Thursday, September 23

From SoSH: 9/23 - BAL @ BOS

It's time for Jose Melendez’s KEYS TO THE GAME.

1. Last night Sox second baseman Euro Bellhorn (Note: Who is not a looker. Jose can’t believe women find him attractive.) broke two of baseball’s greatest records. He became the Red Sox single season strike out king and the major league single season switch hitting strike out king.

But where was the celebration? Where was the sign on the green monster counting up as Bellhorn inched closer to the magic numbers of 161 and 162? Where were Butch Hobson’s children hugging Bellhorn, with tears in their eyes, knowing that their father had been almost erased from the record books. From now on, their father is the Sox strike out king no more. The only records Butch Hobson holds now is the most Sox games managed while high on cocaine. (Note: And Jose has doubts about that one. All of the signs certainly suggest Grady was on crack last year.) Why didn’t Bellhorn have a special glove with 161 and 162 embroidered on them? Why didn’t Special K cereal or Kmart sponsor the event? Why wasn’t the game stopped so the commissioner could present Bellhorn with a K car? Why didn’t the Bills invite him to Buffalo to run the K Gun offense? Why is there no parade down K street in Southie?
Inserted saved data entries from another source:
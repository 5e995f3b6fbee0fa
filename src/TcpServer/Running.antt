-- ===== src/TcpServer/Running.antt =====
-- Steps that start and destroy a connection keep every connection in one stage.
use netfish.Prelude.{
  ℕ, ◌+◌, ◌≡◌, ◌≢◌, ◌⊎◌, inl, inr, refl, sym, ap, subst, ◌∙◌, Bool-cases, true, false, List, [],
  ◌∷◌, ◌++◌, some, ◌==◌, arith, Outcome-cases, ok, ltb, int_max,
}
use netfish.Channel.{new as new_channel, enable_reading, disable_all}
use netfish.Buffer.{new as new_buffer}
use netfish.TcpConnection.{TcpConnection, new as new_conn, connect_established, connect_destroyed}
use netfish.ThreadPool.{get_next_loop}
use netfish.TcpServer.{TcpServer, Connection, Task, establish, destroy, assign, new_connection}
use netfish.TcpServer.Lifecycle.{System, set_conn}
use netfish.TcpServer.Totals.{
  total, has_id, opens, ends, total-append, assign-total, has_id_self, has_id_of, has_id_ne,
  total-take,
}
use netfish.TcpServer.Stages.{
  Life, Watch, opening, serving, gone, Same-Life, IsNew, set_conn_self, set_conn_ne, unborn_of,
  opening_of, removed_of,
}

pub same_or_not : (n k : ℕ) → (n ≡ k) ⊎ (n ≢ k)
same_or_not n k = elim (Bool-cases (n == k)) [
  | inl e ↦ inl (ground (arith, e))
  | inr e ↦ inr (λ p. ground (arith, e, p))
]

-- The fields of a server that has accepted a connection.
record Accepted (s s' : TcpServer) (conn : Connection) : Type 0 where
  id : conn.conn_id ≡ s.next_conn_id
  next : s'.next_conn_id ≡ s.next_conn_id + 1
  connections : s'.connections ≡ assign conn s.connections
  tasks : s'.tasks ≡ s.tasks ++ (establish conn ∷ [])

new_connection-Accepted :
    (sockfd : ℕ) (s s' : TcpServer)
    → new_connection true sockfd s ≡ ok s'
    → (conn : Connection) × Accepted s s' conn
unfolding new_connection
new_connection-Accepted sockfd s s' e = elim (Bool-cases (ltb s.next_conn_id int_max)) [
  | inr o ↦ absurd (cc (rw o at e))
  | inl i ↦ elim (Outcome-cases (get_next_loop true s.thread_pool)) [
    | inl (r, p) ↦ (
      record { conn_id = s.next_conn_id; io_loop = r.0; sockfd = sockfd },
      ground (arith, rw (i, p) at e),
    )
    | inr (f, p) ↦ absurd (cc (rw (i, p) at e))
  ]
]

new_conn-IsNew : (sockfd : ℕ) (c : TcpConnection) → new_conn sockfd ≡ ok c → IsNew c × Watch false c
unfolding new_conn new_channel
new_conn-IsNew sockfd c e = elim (Outcome-cases new_buffer) [
  | inl (b, p) ↦ ground (arith, rw p at e)
  | inr (f, p) ↦ absurd (cc (rw p at e))
]

pub accepts-Life :
    (s : System) (sockfd : ℕ) (server : TcpServer) (c : TcpConnection) (n : ℕ)
    → new_connection true sockfd s.server ≡ ok server
    → new_conn sockfd ≡ ok c
    → ((k : ℕ) → Life s k)
    → Life (record s { server = server; conns = set_conn s.server.next_conn_id c s.conns }) n
accepts-Life s sockfd server c n e f all =
    let k = s.server.next_conn_id in
    let s' : System = record s { server = server; conns = set_conn k c s.conns } in
    let (conn, a) = new_connection-Accepted sockfd s.server server e in
    let (fresh, off) = new_conn-IsNew sockfd c f in
    let old = unborn_of s (all k) in
    let none_mapped : total (has_id conn.conn_id) s.server.connections ≡ 0 = rw a.id old.mapped in
    let mapped = λ (m : ℕ).
      ap (total (has_id m)) a.connections ∙ assign-total conn s.server.connections m none_mapped in
    let tasks = λ (g : Task → ℕ).
      ap (total g) a.tasks ∙ total-append g s.server.tasks (establish conn ∷ []) in
    elim (same_or_not n k) [
      | inl p ↦ subst (Life s') (sym p) (
          opening (record {
            conn = c;
            born = omega (arith, a.next);
            counts = record {
              opening = omega (arith, tasks (opens k), old.opening, has_id_of k conn a.id);
              mapped = omega (arith, mapped k, old.mapped, has_id_of k conn a.id);
              closing = old.closing;
              destroying = omega (arith, tasks (ends k), old.destroying);
            };
            there = set_conn_self k c s.conns;
            known = fresh;
            watch = off;
          }))
      | inr p ↦
          let other = has_id_ne n conn (λ q. p (q ∙ a.id)) in
          Same-Life s s' n
            (record {
              opening = omega (arith, tasks (opens n), other);
              mapped = omega (arith, mapped n, other);
              closing = refl;
              destroying = omega (arith, tasks (ends n));
              conn = set_conn_ne k n c s.conns p;
              born = λ h. omega (arith, a.next, h);
            })
            (all n)
    ]

-- A loop takes a task that waits, and puts back the connection's object.
abbrev pub ran : System → List Task → ℕ → TcpConnection → System
ran s tasks k c = record s {
  server = record s.server { tasks = tasks };
  conns = set_conn k c s.conns;
}

pub establishes-Life :
    (s : System) (before after : List Task) (conn : Connection) (c c' : TcpConnection) (n : ℕ)
    → s.server.tasks ≡ before ++ (establish conn ∷ after)
    → s.conns conn.conn_id ≡ some c
    → connect_established c ≡ ok c'
    → ((k : ℕ) → Life s k)
    → Life (ran s (before ++ after) conn.conn_id c') n
unfolding connect_established enable_reading
establishes-Life s before after conn c c' n e p f all =
    let k = conn.conn_id in
    let s' = ran s (before ++ after) k c' in
    let tasks = λ (g : Task → ℕ). total-take g s.server.tasks before (establish conn) after e in
    elim (same_or_not n k) [
      | inl q ↦
          let waits : total (opens k) s.server.tasks ≡ 1 + total (opens k) (before ++ after) =
            omega (arith, tasks (opens k), has_id_self conn) in
          let a = opening_of s k (omega (arith, waits)) (all k) in
          subst (Life s') (sym q) (
            serving (record {
              conn = c';
              born = a.born;
              counts = record {
                opening = omega (arith, waits, a.counts.opening);
                mapped = a.counts.mapped;
                closing = a.counts.closing;
                destroying = omega (arith, tasks (ends k), a.counts.destroying);
              };
              there = set_conn_self k c' s.conns;
              known = ground (arith, f);
              watch = ground (arith, f);
            }))
      | inr q ↦
          Same-Life s s' n
            (record {
              opening = omega (arith, tasks (opens n), has_id_ne n conn q);
              mapped = refl;
              closing = refl;
              destroying = omega (arith, tasks (ends n));
              conn = set_conn_ne k n c' s.conns q;
              born = λ h. h;
            })
            (all n)
    ]

pub destroys-Life :
    (s : System) (before after : List Task) (conn : Connection) (c c' : TcpConnection) (n : ℕ)
    → s.server.tasks ≡ before ++ (destroy conn ∷ after)
    → s.conns conn.conn_id ≡ some c
    → connect_destroyed c ≡ ok c'
    → ((k : ℕ) → Life s k)
    → Life (ran s (before ++ after) conn.conn_id c') n
unfolding connect_destroyed disable_all
destroys-Life s before after conn c c' n e p f all =
    let k = conn.conn_id in
    let s' = ran s (before ++ after) k c' in
    let tasks = λ (g : Task → ℕ). total-take g s.server.tasks before (destroy conn) after e in
    elim (same_or_not n k) [
      | inl q ↦
          let waits : total (ends k) s.server.tasks ≡ 1 + total (ends k) (before ++ after) =
            omega (arith, tasks (ends k), has_id_self conn) in
          let a = removed_of s k (omega (arith, waits)) (all k) in
          subst (Life s') (sym q) (
            gone (record {
              conn = c';
              born = a.born;
              counts = record {
                opening = omega (arith, tasks (opens k), a.counts.opening);
                mapped = a.counts.mapped;
                closing = a.counts.closing;
                destroying = omega (arith, waits, a.counts.destroying);
              };
              there = set_conn_self k c' s.conns;
              known = ground (arith, f);
              watch = ground (arith, f);
            }))
      | inr q ↦
          Same-Life s s' n
            (record {
              opening = omega (arith, tasks (opens n));
              mapped = refl;
              closing = refl;
              destroying = omega (arith, tasks (ends n), has_id_ne n conn q);
              conn = set_conn_ne k n c' s.conns q;
              born = λ h. h;
            })
            (all n)
    ]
And Belhorn’s accomplishment is special. In this day and age, when so many records are tainted by allegations of steroid use, no one has suggested that Bellhorn used performance enhancing drugs to help him strike out more often. Baseball is supposed to be the sport, more than any other, that honors its records and its history. Last night that didn’t happen, and it’s just sad.

2. Speaking of records, Jose set a record for opening day merchandise sales yesterday with 0.00. That’s right, Jose didn’t even buy his own stuff on Day 1. KEYS MERCHANDISE Pretty sweet, huh? Since that is the lowest possible number, Jose can never be expelled from the record books. Interestingly, those sales figures are identical to Keith Foulke’s ERA for the rest of the year. Spooky.

3. How amazing was Orlando Cabrera’s performance last night? He went from Bogota to Boston, to hero in one day with his walk off homer in the 12th. That said, there will be a price to pay. Apparently his wife was not happy with his decision to leave her side, but The OC, our hero, was willing to risk a life time of resentment to save the Red Sox. All in all, Jose thinks it was a good trade off. (Note: Though some one needs to explain jet lag to him. It is not something one gets on a trip from Columbia to Boston, as they are in the same time zone. One of Jose’s bosses tried this once. She was frazzled at a meeting and said, “I’m sorry I’m not completely organized, I just flew in and have a little jet lag. “Boss,” Jose replied. “Jose is almost sure that Miami is in the same time zone as Boston.” In related news, Jose had a hard time getting promoted at that company.)

But what’s more amazing still, is that in addition to playing shortstop for the Sox tonight, Cabrera also appears to be pitching for the Orioles, if Jose is to believe the papers. After all, there couldn’t be more than one Cabrera in baseball right? Right?

I'm Jose Melendez, (and not two clearly insane people) and those are my KEYS TO THE GAME.

1 comment:

Anonymous said...

Keys merchandise - are you kidding. Who other than the Melendez family would buy this stuff. I hope you keep inventory low.